# BTY Charger Group OP-5006/G



## 241 (9 Jan 2008)

Searched and could not find the answer.

I am in the process of charging all the radio btys at the unit and I have about 1/4 of them off to the side because the charger flash's both the green and amber led, I know that a flashing green means charge complete and that a flashing Amber means a fault was detected, but what does it mean when both are flashing at the same time? I have tried checking the status of what ever bty is flashing but it only says "AUTO RECON LCAP 64% TRKL 60%" for example, it does not list a fault.

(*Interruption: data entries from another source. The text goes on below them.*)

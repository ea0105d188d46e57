-- ===== src/Viz/Ui/Polling.antt =====
-- The tick that keeps the dashboard up to date.
use yby_cli.Viz.Retry.{
  Client, pods, deployments, services, nodes, stateful_sets, jobs, ingresses, config_maps, events,
}
use yby_cli.Viz.Ui.{
  mode_list, ViewMode, ActionMode, no_cmd, mode_detail, action_none, error_msg, events_msg,
  configmaps_msg, ingresses_msg, fetch_resources, jobs_msg, tick_msg, statefulsets_msg, nodes_msg,
  services_msg, tab_count, deployments_msg, tick_reconnect, pods_msg, Msg, tick, Cmd, Model,
}
use yby_cli.Prelude.{
  sym, subst, zero, arith, suc, none, ◌≢◌, ◌-◌, Option, Option-cases, false, refl, ◌^◌, ◌+◌, leb,
  inl, inr, some, ◌<◌, true, Bool-cases, ◌⊎◌, ℕ, ◌≡◌, Bool, String,
}
use yby_cli.Viz.Ui.Perform.{listed, run_fetch, ListFilter}
use yby_cli.Viz.Ui.Update.{on_detail_msg, clear_feedback, max_retries, has_data, on_error}
use yby_cli.Viz.Ui.Dispatch.{
  on_input_msg, on_detail, on_action_msg, by_mode, by_view, update, on_list_msg,
}
use yby_cli.Viz.Types.{Item}
use yby_cli.Viz.Ui.Tabs.{update-idle, IsIdle}
use yby_cli.Viz.Ui.Lists.{tab_resource}
use yby_cli.Prelude.Exec.{Exec}
use yby_cli.Prelude.Result.{Result-cases}

-- The dashboard goes on asking for data: the next tick is set, or the next attempt to reconnect, or
-- the error is shown.
abbrev pub GoesOn : Model × Cmd → Type 0
GoesOn (m, cmd) =
    (cmd ≡ tick 2) ⊎ ((n : ℕ) × (cmd ≡ tick_reconnect n)) ⊎ ((e : String) × (m.error ≡ some e))

-- Every tab in range has its resource.
tab_resource-some : (n : ℕ) → n < tab_count → tab_resource n ≢ none
unfolding tab_resource
tab_resource-some zero inside e = absurd (cc)
tab_resource-some (suc zero) inside e = absurd (cc)
tab_resource-some (suc (suc zero)) inside e = absurd (cc)
tab_resource-some (suc (suc (suc zero))) inside e = absurd (cc)
tab_resource-some (suc (suc (suc (suc zero)))) inside e = absurd (cc)
tab_resource-some (suc (suc (suc (suc (suc zero))))) inside e = absurd (cc)
tab_resource-some (suc (suc (suc (suc (suc (suc zero)))))) inside e = absurd (cc)
tab_resource-some (suc (suc (suc (suc (suc (suc (suc zero))))))) inside e = absurd (cc)
tab_resource-some (suc (suc (suc (suc (suc (suc (suc (suc zero)))))))) inside e = absurd (cc)
tab_resource-some (suc (suc (suc (suc (suc (suc (suc (suc (suc n))))))))) inside e =
    absurd (omega (arith, inside))

-- The command that answers a tick in each mode.
abbrev pub tick_cmd : ActionMode → ViewMode → Bool → Model → Cmd
tick_cmd action_none mode_list false m = fetch_resources m
tick_cmd action view input m = no_cmd

by_view-tick :
    (to_lower : String → String) (equal_fold : String → String → Bool) (height : Model → ℕ)
    (view : ViewMode) (input : Bool) (m : Model)
    → (by_view to_lower equal_fold height view input tick_msg m).1
      ≡ tick_cmd action_none view input m
unfolding by_view on_detail on_detail_msg on_input_msg on_list_msg
by_view-tick to_lower equal_fold height mode_detail input m = refl
by_view-tick to_lower equal_fold height mode_list true m = refl
by_view-tick to_lower equal_fold height mode_list false m = refl

by_mode-tick :
    (to_lower : String → String) (equal_fold : String → String → Bool) (height : Model → ℕ)
    (mode : ActionMode) (m : Model)
    → (by_mode to_lower equal_fold height mode tick_msg m).1
      ≡ tick_cmd mode m.view_mode m.filter_state.input_mode m
unfolding by_mode on_action_msg
by_mode-tick to_lower equal_fold height action_none m =
    by_view-tick to_lower equal_fold height m.view_mode m.filter_state.input_mode m
by_mode-tick to_lower equal_fold height mode m = refl

module _ (to_lower : String → String) (equal_fold : String → String → Bool)
    (height : Model → ℕ) where
  -- Data, or an error, in the list.
  abbrev pub is_answer : Msg → Bool
  is_answer (pods_msg found) = true
  is_answer (deployments_msg found) = true
  is_answer (services_msg found) = true
  is_answer (nodes_msg found) = true
  is_answer (statefulsets_msg found) = true
  is_answer (jobs_msg found) = true
  is_answer (ingresses_msg found) = true
  is_answer (configmaps_msg found) = true
  is_answer (events_msg found) = true
  is_answer (error_msg e) = true
  is_answer msg = false

  error-GoesOn : (e : String) (m : Model) → GoesOn (on_error e m)
  unfolding on_error
  error-GoesOn e m = elim (Bool-cases (has_data m)) [
    | inr n ↦ rw (n, on_error) (inr (inr (e, refl)))
    | inl d ↦ elim (Bool-cases (leb max_retries (m.retry_count + 1))) [
      | inl l ↦ rw (d, l, on_error) (inr (inr (e, refl)))
      | inr l ↦ rw (d, l, on_error) (inr (inl (2 ^ (m.retry_count + 1 - 1), refl)))
    ]
  ]

  answer-GoesOn :
      (msg : Msg) (m : Model)
      → is_answer msg ≡ true
      → GoesOn (on_list_msg to_lower equal_fold height msg m)
  unfolding on_list_msg
  answer-GoesOn (error_msg e) m answers = error-GoesOn e m
  answer-GoesOn (pods_msg found) m answers = inl refl
  answer-GoesOn (deployments_msg found) m answers = inl refl
  answer-GoesOn (services_msg found) m answers = inl refl
  answer-GoesOn (nodes_msg found) m answers = inl refl
  answer-GoesOn (statefulsets_msg found) m answers = inl refl
  answer-GoesOn (jobs_msg found) m answers = inl refl
  answer-GoesOn (ingresses_msg found) m answers = inl refl
  answer-GoesOn (configmaps_msg found) m answers = inl refl
  answer-GoesOn (events_msg found) m answers = inl refl
  answer-GoesOn msg m answers = absurd (cc)

  module _ {W : Type 0} (client : Client W String ListFilter Item) where
    -- What a fetch of a tab sends back.
    abbrev Answers : Option Msg × W → Type 0
    Answers sent = (msg : Msg) × (sent.0 ≡ some msg) × (is_answer msg ≡ true)

    listed-Answers :
        {A : Type 0} (call : Exec W String A) (message : A → Msg) (w : W)
        → ((found : A) → is_answer (message found) ≡ true)
        → Answers (listed call message w)
    unfolding listed
    listed-Answers call message w answers = elim (Result-cases (call w).0) [
      | inl (found, e) ↦ rw (e, listed) (message found, refl, answers found)
      | inr (problem, e) ↦ rw (e, listed) (error_msg problem, refl, refl)
    ]

    fetch-Answers :
        (m : Model) (w : W) → m.active_tab < tab_count → Answers (run_fetch (some client) m w)
    unfolding run_fetch
    fetch-Answers m w inside =
        let f : ListFilter = record {
          namespace = m.filter_state.namespace;
          label_selector = m.filter_state.label_selector;
        } in
        elim (Option-cases (tab_resource m.active_tab)) [
          | inl e ↦ absurd (tab_resource-some m.active_tab inside e)
          | inr (pods, e) ↦
              rw (e, run_fetch) (listed-Answers (client.get_pods f) pods_msg w (λ x. refl))
          | inr (deployments, e) ↦
              rw (e, run_fetch)
                (listed-Answers (client.get_deployments f) deployments_msg w (λ x. refl))
          | inr (services, e) ↦
              rw (e, run_fetch) (listed-Answers (client.get_services f) services_msg w (λ x. refl))
          | inr (nodes, e) ↦
              rw (e, run_fetch) (listed-Answers (client.get_nodes f) nodes_msg w (λ x. refl))
          | inr (stateful_sets, e) ↦
              rw (e, run_fetch)
                (listed-Answers (client.get_stateful_sets f) statefulsets_msg w (λ x. refl))
          | inr (jobs, e) ↦
              rw (e, run_fetch) (listed-Answers (client.get_jobs f) jobs_msg w (λ x. refl))
          | inr (ingresses, e) ↦
              rw (e, run_fetch)
                (listed-Answers (client.get_ingresses f) ingresses_msg w (λ x. refl))
          | inr (config_maps, e) ↦
              rw (e, run_fetch)
                (listed-Answers (client.get_config_maps f) configmaps_msg w (λ x. refl))
          | inr (events, e) ↦
              rw (e, run_fetch) (listed-Answers (client.get_events f) events_msg w (λ x. refl))
        ]

    -- With no mode open and one of the nine tabs active, a tick asks for the data of the active tab; whatever the client answers,
    -- data or an error, the next tick follows, or the next attempt to reconnect, or the error is
    -- shown.
    pub tick-GoesOn :
        (m : Model) (w : W)
        → IsIdle m
        → m.active_tab < tab_count
        → let (asked, cmd) = update to_lower equal_fold height tick_msg m in
          (cmd ≡ fetch_resources asked)
          × ((msg : Msg) × ((run_fetch (some client) asked w).0 ≡ some msg)
              × GoesOn (update to_lower equal_fold height msg asked))
    unfolding on_list_msg clear_feedback
    tick-GoesOn m w idle inside =
        let asked = clear_feedback tick_msg m in
        let first = update-idle to_lower equal_fold height tick_msg m idle in
        let (msg, sent, answers) = fetch-Answers asked w inside in
        let still : IsIdle asked = record {
          no_action = idle.no_action;
          no_detail = idle.no_detail;
          no_input = idle.no_input;
        } in
        let next = update-idle to_lower equal_fold height msg asked still in
        rw first (
          refl,
          (
            msg,
            sent,
            subst GoesOn (sym next) (answer-GoesOn msg (clear_feedback msg asked) answers),
          ),
        )

-- A tick is answered with a fetch where no mode is open, and with no command where one is: in the
-- detail view, at a prompt and at a filter, nothing asks for the next tick.
pub tick_by_mode :
    (to_lower : String → String) (equal_fold : String → String → Bool) (height : Model → ℕ)
    (m : Model)
    → (update to_lower equal_fold height tick_msg m).1
      ≡ tick_cmd m.action_mode m.view_mode m.filter_state.input_mode (clear_feedback tick_msg m)
unfolding update clear_feedback
tick_by_mode to_lower equal_fold height m =
    by_mode-tick to_lower equal_fold height m.action_mode (clear_feedback tick_msg m)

I have asked some of the guys in the Comm Sqn here and all I got was a mini user quick guide that told me nothing and the manual ( C-53-776-000/MB-001) doesn't apprear to have the answer either.


----------



## 211RadOp (9 Jan 2008)

Try giving Field Stores at CFSCE a call, they may be able to help you out. CSN 271-2033


----------



## 241 (9 Jan 2008)

Ok will do thanks


----------



## Bintheredunthat (10 Jan 2008)

211RadOp said:
			
		

> Try giving Field Stores at CFSCE a call, they may be able to help you out. CSN 271-2033



I'd have gone the other way and recommended the Land Maint Shop - 271-5308.

Bin


----------



## 241 (10 Jan 2008)

Bintheredunthat-Muzzled said:
			
		

> I'd have gone the other way and recommended the Land Maint Shop - 271-5308.
> 
> Bin



Haha, haven't called anyone yet was in Calgary all day getting our Panel van's tires replaced.  Got any contact names so I can just email??


----------



## Bintheredunthat (11 Jan 2008)

I'll PM you a few.

Bin


----------